Saved data entries:
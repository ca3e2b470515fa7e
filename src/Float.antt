-- ===== src/Float.antt =====
-- Rust's `f64`, a parameter: what the price path does with it. `of_decimal m e` is the literal
-- `m / 10^e`, an `as` conversion to an integer saturates and sends NaN to 0, and an `i64` is its
-- two's-complement word.
use kaskad_nuntius.Prelude.{ℕ, Bool, List, [], ◌∷◌}
use kaskad_nuntius.Policy.{Bytes}

pub record Float64 (F : Type 0) : Type 0 where
  pub of_decimal : ℕ → ℕ → F
  pub of_nat : ℕ → F
  pub of_i64 : ℕ → F
  pub infinity : F
  pub add : F → F → F
  pub sub : F → F → F
  pub mul : F → F → F
  pub div : F → F → F
  pub fmin : F → F → F
  pub abs : F → F
  pub round : F → F
  pub lt : F → F → Bool
  pub le : F → F → Bool
  pub feq : F → F → Bool
  pub is_finite : F → Bool
  pub is_nan : F → Bool
  pub to_u64 : F → ℕ
  pub to_u128 : F → ℕ
  pub to_i64 : F → ℕ
  pub to_be_bytes : F → Bytes

module _ {F : Type 0} ⦃f : Float64 F⦄ where
  abbrev pub nought : F
  nought = f.of_decimal 0 0

  unfoldable pub sum_from : F → List F → F
  sum_from total [] = total
  sum_from total (x ∷ xs) = sum_from (f.add total x) xs

  -- `iter().sum()`
  unfoldable pub sum : List F → F
  sum xs = sum_from nought xs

## [BRIEF]
Print, from the entries above, the line with "pub fmin : F → F → F", the line with "pub to_be_bytes : F → Bytes" and all lines between them, exactly and with nothing else.

## [ANSWER SECTION]
  pub fmin : F → F → F
  pub abs : F → F
  pub round : F → F
  pub lt : F → F → Bool
  pub le : F → F → Bool
  pub feq : F → F → Bool
  pub is_finite : F → Bool
  pub is_nan : F → Bool
  pub to_u64 : F → ℕ
  pub to_u128 : F → ℕ
  pub to_i64 : F → ℕ
  pub to_be_bytes : F → Bytes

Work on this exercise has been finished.